Th character are good to go! I imagine the current cast would have loved to have someone with smite undead in the last battle.


----------



## Walking Dad (Mar 9, 2011)

Fine, I will put him in the RG then and subscribe to the IC thread


----------



## Voda Vosa (Mar 14, 2011)

[MENTION=12460]airwalkrr[/MENTION] are you submitting something then? Otherwise, we'll get the IC thread moving on. 

VV


----------



## airwalkrr (Mar 14, 2011)

Nah, I think I have enough on my plate right now. Have fun with this one.


----------



## Voda Vosa (Mar 15, 2011)

Ok my friends, head to the new IC thread. Chapter 3: The Prison of Horrors has began!
A Paid trip to Spellhold: Chapter 3, the Prison of Horrors


----------



## perrinmiller (Mar 15, 2011)

Hey VV, I can bow out if you want to keep the group at 6. 

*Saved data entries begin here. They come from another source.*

-- ===== src/Tasks/Perf.antt =====
-- bpf/perf.c: samples of the CPU clock, counted by thread group, name and stacks.
pub mod Samples
pub mod Race
use jidick.Base.{
  ℕ, ◌/◌, ◌^◌, not, ◌&&◌, ◌==◌, if◌then◌else◌, Bool, Option, none, some, add64, List, [], ◌∷◌,
}
use jidick.Kernel.BpfMap.{Eq, BpfMap, bpf_any}

-- `struct key_t`
pub record KeyT : Type 0 where
  pub ustack : List ℕ
  pub kstack : List ℕ
  pub ustack_size : ℕ
  pub kstack_size : ℕ
  pub pid : ℕ
  pub name : List ℕ

-- The filters `css` and `pid`, which user space sets; 0 is no filter.
pub record Filter : Type 0 where
  pub css : ℕ
  pub pid : ℕ

-- What the helpers give at a sample: the current task's CPU cgroup, ids and name, and what
-- `bpf_get_stack` writes and returns for the user and the kernel stack.
pub record Sample : Type 0 where
  pub cpu_css : ℕ
  pub pid_tgid : ℕ
  pub comm : List ℕ
  pub ustack : List ℕ
  pub ustack_size : ℕ
  pub kstack : List ℕ
  pub kstack_size : ℕ

unfoldable pub key_of : Sample → KeyT
key_of c = record {
  ustack = c.ustack;
  kstack = c.kstack;
  ustack_size = c.ustack_size;
  kstack_size = c.kstack_size;
  pid = c.pid_tgid / 2 ^ 32;
  name = c.comm;
}

-- `counts` is `map`; the kernel compares its keys byte by byte.
module _ {S : Type 0} {e : Eq KeyT} (map : BpfMap S KeyT ℕ e) where
  unfoldable pub perf_event_sw_cpu_clock : Filter → Sample → S → S
  perf_event_sw_cpu_clock f c s =
      if not (f.css == 0) && not (f.css == c.cpu_css)
      then s
      else if not (f.pid == 0) && not (f.pid == c.pid_tgid / 2 ^ 32)
      then s
      else elim (map.lookup s (key_of c)) [
        | none ↦ map.update s (key_of c) 1 bpf_any
        | some v ↦ map.store s (key_of c) (add64 v 1)
      ]

  unfoldable pub samples : Filter → List Sample → S → S
  samples f [] s = s
  samples f (c ∷ cs) s = samples f cs (perf_event_sw_cpu_clock f c s)
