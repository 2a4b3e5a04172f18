-- ===== src/Tasks/Perf/Race.antt =====
-- Several CPUs in the handler of bpf/perf.c, for samples with the same key that pass its filters.
use jidick.Base.{ℕ, ◌≡◌, true, none, some, add64, List, ◌∷◌, map}
use jidick.Kernel.BpfMap.{Eq, BpfMap, bpf_any}
use jidick.Kernel.Cpus.{Steps}
use jidick.Kernel.InsertRace
use jidick.Kernel.InsertRace.{Pc, look, left, lost_updates}
use jidick.Tasks.Perf.{KeyT}

module _ {S : Type 0} {e : Eq KeyT} (counts : BpfMap S KeyT ℕ e) (key : KeyT) where
  -- One step of one CPU.
  abbrev pub Move : S → Pc Unit → S → Pc Unit → Type 0
  Move = InsertRace.Move counts key (λ _. 1) (λ _ v. add64 v 1)

  -- Any number of CPUs that take the first samples of a key can all return and leave a count of one,
  -- if the map takes the entry.
  lost_samples :
      (cpus : List Unit) (s : S)
      → counts.lookup s key ≡ none
      → counts.accepts s key bpf_any ≡ true
      → (s' : S) × Steps Move s (map look (tt ∷ cpus)) s' (map (λ _. left) (tt ∷ cpus))
        × (counts.lookup s' key ≡ some 1)
  lost_samples cpus = lost_updates counts key (λ _. 1) (λ _ v. add64 v 1) tt cpus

But I am assuming you left Kaedyn off the new IC thread as an oversight.


----------



## Voda Vosa (Mar 15, 2011)

F#ck! I missed him! Sorry! No, please don't bow out, you are a serious player! No wanna miss ye buddy!

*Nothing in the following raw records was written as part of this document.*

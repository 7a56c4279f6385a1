-- ===== src/Lib.antt =====
-- The distributed programs of this repository that are written in Python: a server of shared text
-- documents with its console client, the streaming analytics of weather measurements with their
-- reference program, and the reference program and the generator for shortest paths. The modules
-- named Tests run them on concrete inputs.
--
-- The document server. section3/problem1/server.py is in Doc: `DocumentService` is the dict of the
-- documents with the queues of the subscribers, a `Document` holds the numbers of its queues, and
-- each handler (`create_document`, `get_document`, `edit_document`, `subscribe_to_updates`) is a
-- call on that state which answers or aborts with a status code. The loop and the callback of a
-- stream are `next_update` and `unsubscribe`. Doc/Runs has runs of the service as sequences of
-- such steps. Children: Doc/Queues (broadcast), Doc/Writes (each handler as one write),
-- Doc/Streams (what a stream has sent), Doc/Creation, Doc/Edits, Doc/Persist.
-- section3/problem1/concurrent_demo.py is in Doc/Demo: its editors and its subscriber act on the
-- server in an order given by a list of moves, which any schedule of its threads is; `demo` is
-- `main`, up to the checks and the exit code.
--
-- The console client. section3/problem1/client.py is in Client: Client/Console has its operations,
-- each of which returns or raises, Client/Dispatch the command line and the loop; in its `run` no
-- stream prints or ends while the commands are read, the thread of a subscription being the steps
-- `pump` and `pump_end`. A call of the stub is the handler's call on the server's state, and
-- Base/Text/Shlex models `shlex.split`.
--
-- The weather analytics, section2/q2_grpc. Weather/Accum is the partial state of common.py
-- (`KSum`, `hotter`, `colder`, `add_batch`, `merge`, `merge_all`), Weather/Wire its conversion to
-- and from protobuf, Weather/Report the report, Weather/Dataset the reading of a data set
-- (`read_header`, `iter_batches`). Weather/Worker is worker.py, Weather/Coordinator is
-- coordinator.py: the links with their queues, the two ways to distribute a batch, the ingest
-- session and `GetAnalytics`. A worker stands behind its link; the sender thread and the worker
-- act in the step `deliver`, which may come between any two steps of the coordinator. A round of
-- the session is two steps, since the batch is distributed outside of the lock and counted under
-- it; a query asks each worker at a moment of its own and reads the coordinator later, under the
-- lock, and Weather/Coordinator/Queries has these steps in any order. Weather/Coordinator/Window
-- is about the rate window and the exclusion of sessions. Weather/Accum/Spec says what a state
-- tells of the records it has seen, without their order. Weather/Streamer is streamer.py, and
-- Weather/Streamer/EndToEnd follows a file from there to the merged answer. Weather/Oracle is the
-- reference program, q8_from hw2/scripts/oracle.py. Weather/Dashboard is dashboard.py, the text
-- that it shows and its waiting for the final answer. Weather/QueryLoad is bench/query_load.py:
-- its client threads as turns in any order, and the figures of their latencies. Weather/Bench is
-- bench/bench.py: its configurations and commands, with Weather/Bench/Outputs (what it reads from
-- the output of the processes, which is an argument) and Weather/Bench/Trial (a configuration and
-- its row). Weather/Bench/QueryLog and Weather/Bench/StreamerLine relate its reading to what
-- bench/query_load.py and streamer.py print.
--
-- Shortest paths, section1/q2_sssp. Sssp is oracle.py, Dijkstra's algorithm with `heapq` as a
-- sorted list, with Sssp/Ends (its fuel), Sssp/Relax (the invariant of its loop) and Sssp/Optimal.
-- Sssp/Generate is gen_graph.py, with Python's `random` as a parameter, and Sssp/Generate/Output
-- the text that it writes, which oracle.py reads.
--
-- Numbers. Timestamps and station numbers are integers, counts are natural numbers; the ranges of
-- protobuf's 32 and 64 bits are not modelled, nor a version beyond 2^64. Floats are a parameter
-- (Weather/Floats): values that are not NaN, the two zeros being one, with the laws of IEEE 754 on
-- comparisons and on adding 0.0 as hypotheses. The conversions to printed and scaled values are
-- another parameter (`Measures`), whose rounding is assumed to keep the order. Text is a list of
-- code points, and digits are ASCII.
--
-- Bounds. `iter_batches` has as many rounds as lines and one more, which is enough since each
-- further round reads a line. The client's loop has one round more than input lines, since the end
-- of the input counts as `exit`. Dijkstra's loop takes the bound of its rounds as an argument; it
-- has finished when its queue is empty. A critical section under a lock is one step.
--
-- Not modelled: the bound of the send queues and the waiting on it, the costs of a query, clocks
-- (their readings are arguments), logging, and process set-up; the processes that bench/bench.py
-- starts and stops, the C++ programs, the pace of the streamer, the plots and the generated
-- protobuf modules.
pub mod Base
pub mod Doc
pub mod Weather
pub mod Client
pub mod Sssp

Edited the IC thread to correct my dumbness.


----------



## On Puget Sound (Mar 15, 2011)

in and subscribed to the new thread.


----------



## perrinmiller (Mar 15, 2011)

I posted in the new IC thread.

Since we were not so active, I did not post this message here on Friday:


perrinmiller said:


> *OOC:*
> 
> 
> Hey all, the earthquake hit east of Tokyo where I work. I was in a Skyscraper at the time and it was NOT fun.   So my schedule is going to FUBAR'd.

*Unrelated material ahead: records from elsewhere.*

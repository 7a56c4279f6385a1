-- ===== src/Base/Dict.antt =====
-- Python's `dict`: an association list in the order of insertion, over any key with a test.
use mathlib.Core.Path.{◌≡◌, refl, sym, ◌∙◌}
use mathlib.Core.Bool.{Bool, true, false}
use mathlib.Core.Option
use mathlib.Core.Option.{Option, none, some}
use mathlib.Core.List.{List, [], ◌∷◌, ◌++◌, map, foldl, append-nil, append_assoc}
use native.Mathlib.Omega.{arith}
use dist_compute.Base.Tests.{Key, ◌==◌, if◌then◌else◌, Bool-cases}
use dist_compute.Base.Lists.{All}
use mathlib.Core.Logic.{inl, inr}

abbrev pub Dict {ℓ κ} : Type ℓ → Type κ → Type (ℓ ⊔ κ)
Dict K V = List (K × V)

module _ {ℓ κ} {K : Type ℓ} {V : Type κ} ⦃e : Key K⦄ where
  -- `d.get(k)`
  abbrev pub lookup : K → Dict K V → Option V
  lookup k [] = none
  lookup k ((j, v) ∷ d) = if j == k then some v else lookup k d

  -- `k in d`
  abbrev pub contains : K → Dict K V → Bool
  contains k d = elim (lookup k d) [ none ↦ false | some _ ↦ true ]

  -- `d[k] = v`: a known key keeps its place, a new one goes to the end
  abbrev pub insert : K → V → Dict K V → Dict K V
  insert k v [] = (k, v) ∷ []
  insert k v ((j, w) ∷ d) = if j == k then (j, v) ∷ d else (j, w) ∷ insert k v d

  -- `d.pop(k, None)`
  abbrev pub erase : K → Dict K V → Dict K V
  erase k [] = []
  erase k ((j, w) ∷ d) = if j == k then d else (j, w) ∷ erase k d

  pub lookup-insert :
      (k j : K) (v : V) (d : Dict K V)
      → lookup j (insert k v d) ≡ (if k == j then some v else lookup j d)
  lookup-insert k j v [] = refl
  lookup-insert k j v ((i, w) ∷ d) =
      ground (arith, e.same_iff k j, e.same_iff i k, e.same_iff i j, lookup-insert k j v d)

-- no key is listed twice
abbrev pub Distinct {ℓ κ} : {K : Type ℓ} {V : Type κ} ⦃e : Key K⦄ → Dict K V → Type κ
Distinct [] = Unit
Distinct ((k, v) ∷ d) = (lookup k d ≡ none) × Distinct d

module _ {ℓ κ} {K : Type ℓ} {V : Type κ} ⦃e : Key K⦄ where
  pub insert-Distinct : (k : K) (v : V) (d : Dict K V) → Distinct d → Distinct (insert k v d)
  insert-Distinct k v [] h = (refl, tt)
  insert-Distinct k v ((j, w) ∷ d) h =
      ground
        (arith, insert-Distinct k v d h.1, lookup-insert k j v d, e.same_iff j k, e.same_iff k j)

  -- a property of values is kept by storing a value that has it
  pub insert-All {μ} :
      (P : V → Type μ) (k : K) (v : V) (d : Dict K V)
      → P v
      → All (λ (x : K × V). P x.1) d
      → All (λ (x : K × V). P x.1) (insert k v d)
  insert-All P k v [] p h = (p, tt)
  insert-All P k v ((j, w) ∷ d) p h = elim (Bool-cases (j == k)) [
    | inl same ↦ rw same (p, h.1)
    | inr other ↦ rw other (h.0, insert-All P k v d p h.1)
  ]

  -- a new key goes to the end
  pub insert-new :
      (k : K) (v : V) (d : Dict K V) → lookup k d ≡ none → insert k v d ≡ d ++ (k, v) ∷ []
  insert-new k v [] h = refl
  insert-new k v ((j, w) ∷ d) h = ground (arith, insert-new k v d)

  pub lookup-append_one :
      (k j : K) (v : V) (d : Dict K V)
      → lookup j d ≡ none
      → (k == j) ≡ false
      → lookup j (d ++ (k, v) ∷ []) ≡ none
  lookup-append_one k j v [] h ne = rw ne
  lookup-append_one k j v ((i, w) ∷ d) h ne = ground (arith, lookup-append_one k j v d)

module _ {ℓ κ μ} {K : Type ℓ} {V : Type κ} {W : Type μ} ⦃e : Key K⦄ (g : W → V) where
  -- `{k: g(w) for k, w in d}`
  abbrev pub load : Dict K V → K × W → Dict K V
  load tab (k, w) = insert k (g w) tab

  abbrev pub loaded : Dict K W → Dict K V
  loaded = map (λ (x : K × W). (x.0, g x.1))

  fresh_step :
      (k : K) (w : W) (acc : Dict K V) (d : Dict K W)
      → lookup k d ≡ none
      → All (λ (x : K × W). lookup x.0 acc ≡ none) d
      → All (λ (x : K × W). lookup x.0 (acc ++ (k, g w) ∷ []) ≡ none) d
  fresh_step k w acc [] h a = tt
  fresh_step k w acc ((j, u) ∷ d) h a = (
    lookup-append_one k j (g w) acc a.0 (ground (arith, e.same_iff j k, e.same_iff k j)),
    fresh_step k w acc d (ground arith) a.1,
  )

  load-append :
      (acc : Dict K V) (d : Dict K W)
      → Distinct d
      → All (λ (x : K × W). lookup x.0 acc ≡ none) d
      → foldl load acc d ≡ acc ++ loaded d
  load-append acc [] h a = sym (append-nil acc)
  load-append acc ((k, w) ∷ d) h a = rw (insert-new k (g w) acc a.0) (
      load-append (acc ++ (k, g w) ∷ []) d h.1 (fresh_step k w acc d h.0 a.1)
      ∙ append_assoc acc _ _)

  nothing_loaded : (d : Dict K W) → All (λ (x : K × W). lookup {V = V} x.0 [] ≡ none) d
  nothing_loaded [] = tt
  nothing_loaded (x ∷ d) = (refl, nothing_loaded d)

  -- a comprehension over distinct keys keeps the entries and their order
  pub foldl-load : (d : Dict K W) → Distinct d → foldl load [] d ≡ loaded d
  foldl-load d h = load-append [] d h (nothing_loaded d)

  pub lookup-loaded : (k : K) (d : Dict K W) → lookup k (loaded d) ≡ Option.map g (lookup k d)
  lookup-loaded k [] = refl
  lookup-loaded k ((j, w) ∷ d) = ground (arith, lookup-loaded k d)

  pub loaded-Distinct : (d : Dict K W) → Distinct d → Distinct (loaded d)
  loaded-Distinct [] h = tt
  loaded-Distinct ((j, w) ∷ d) h = (rw (lookup-loaded, h.0), loaded-Distinct d h.1)
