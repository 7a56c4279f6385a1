-- ===== src/Base/Fold.antt =====
-- Folds whose steps commute do not depend on the order of the list.
use mathlib.Core.Path.{◌≡◌, refl, ap, ◌∙◌}
use mathlib.Core.Bool.{Bool}
use Prim.Native.Nat.{ℕ, ◌+◌}
use native.Mathlib.Omega.{arith}
use dist_compute.Base.Tests.{if◌then◌else◌}
use mathlib.Core.List.{List, [], ◌∷◌, ◌++◌, foldl, foldr, Permᴰ}

module _ {ℓ κ} {A : Type ℓ} {B : Type κ} (f : A → B → B) where
  pub foldr-append : (e : B) (xs ys : List A) → foldr f e (xs ++ ys) ≡ foldr f (foldr f e ys) xs
  foldr-append e [] ys = refl
  foldr-append e (x ∷ xs) ys = ap (f x) (foldr-append e xs ys)

  module _ (comm : (x y : A) (b : B) → f x (f y b) ≡ f y (f x b)) where
    pub foldr-perm : (e : B) {xs ys : List A} → Permᴰ xs ys → foldr f e xs ≡ foldr f e ys
    foldr-perm e Permᴰ.nil = refl
    foldr-perm e (Permᴰ.cons {b = b} p r) = rw p (ap (f b) (foldr-perm e r))
    foldr-perm e (Permᴰ.swap {a = a} {b = b} {l = l} p q) = rw (← p, ← q) (comm a b (foldr f e l))
    foldr-perm e (Permᴰ.trans r s) = foldr-perm e r ∙ foldr-perm e s

    foldr-step : (x : A) (e : B) (xs : List A) → foldr f (f x e) xs ≡ f x (foldr f e xs)
    foldr-step x e [] = refl
    foldr-step x e (y ∷ xs) = ap (f y) (foldr-step x e xs) ∙ comm y x (foldr f e xs)

    -- the loop of a program, which folds from the left
    pub foldl-eq-foldr : (e : B) (xs : List A) → foldl (λ b x. f x b) e xs ≡ foldr f e xs
    foldl-eq-foldr e [] = refl
    foldl-eq-foldr e (x ∷ xs) = foldl-eq-foldr (f x e) xs ∙ foldr-step x e xs

-- how many elements pass a test
abbrev pub tally {ℓ} : {A : Type ℓ} → (A → Bool) → List A → ℕ
tally test = foldr (λ x n. n + (if test x then 1 else 0)) 0

module _ {ℓ} {A : Type ℓ} (test : A → Bool) where
  pub tally-append : (xs ys : List A) → tally test (xs ++ ys) ≡ tally test xs + tally test ys
  tally-append [] ys = omega arith
  tally-append (x ∷ xs) ys = omega (arith, tally-append xs ys)

  pub tally-perm : {xs ys : List A} → Permᴰ xs ys → tally test xs ≡ tally test ys
  tally-perm p = foldr-perm (λ x n. n + (if test x then 1 else 0)) (λ x y n. omega arith) 0 p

However, I am doing fine and have still been able to post everyday in other  games.  Tokyo still has worries about aftershocks, but the little  tremors are no longer so frequent (no longer every hour).  I only remember a few yesterday, but  we are on alert for a significant quake by Thursday or Friday.  With  the settling down of the aftershocks, the probability is decreasing  though.

Public transportation and power shortages are not likely to improve in  the near term (I am suppose to have a scheduled blackout in my area from  18:30-22:30 daily, but it got canceled yesterday) and I am working from  home again today and tomorrow.

The biggest worry now is the nuclear reactor meltdowns and things are  still pretty uncertain.  I am pretty far away from there, but we have  been told to stay inside in the event of a meltdown to avoid potential  radiation contamination anyway.  The news on CNN is pretty much all  that's available to us here as well, so some of you know as much as I do  on that situation.


----------



## tiornys (Mar 15, 2011)

Ooof, glad you made it through the quake ok, perrinmiller.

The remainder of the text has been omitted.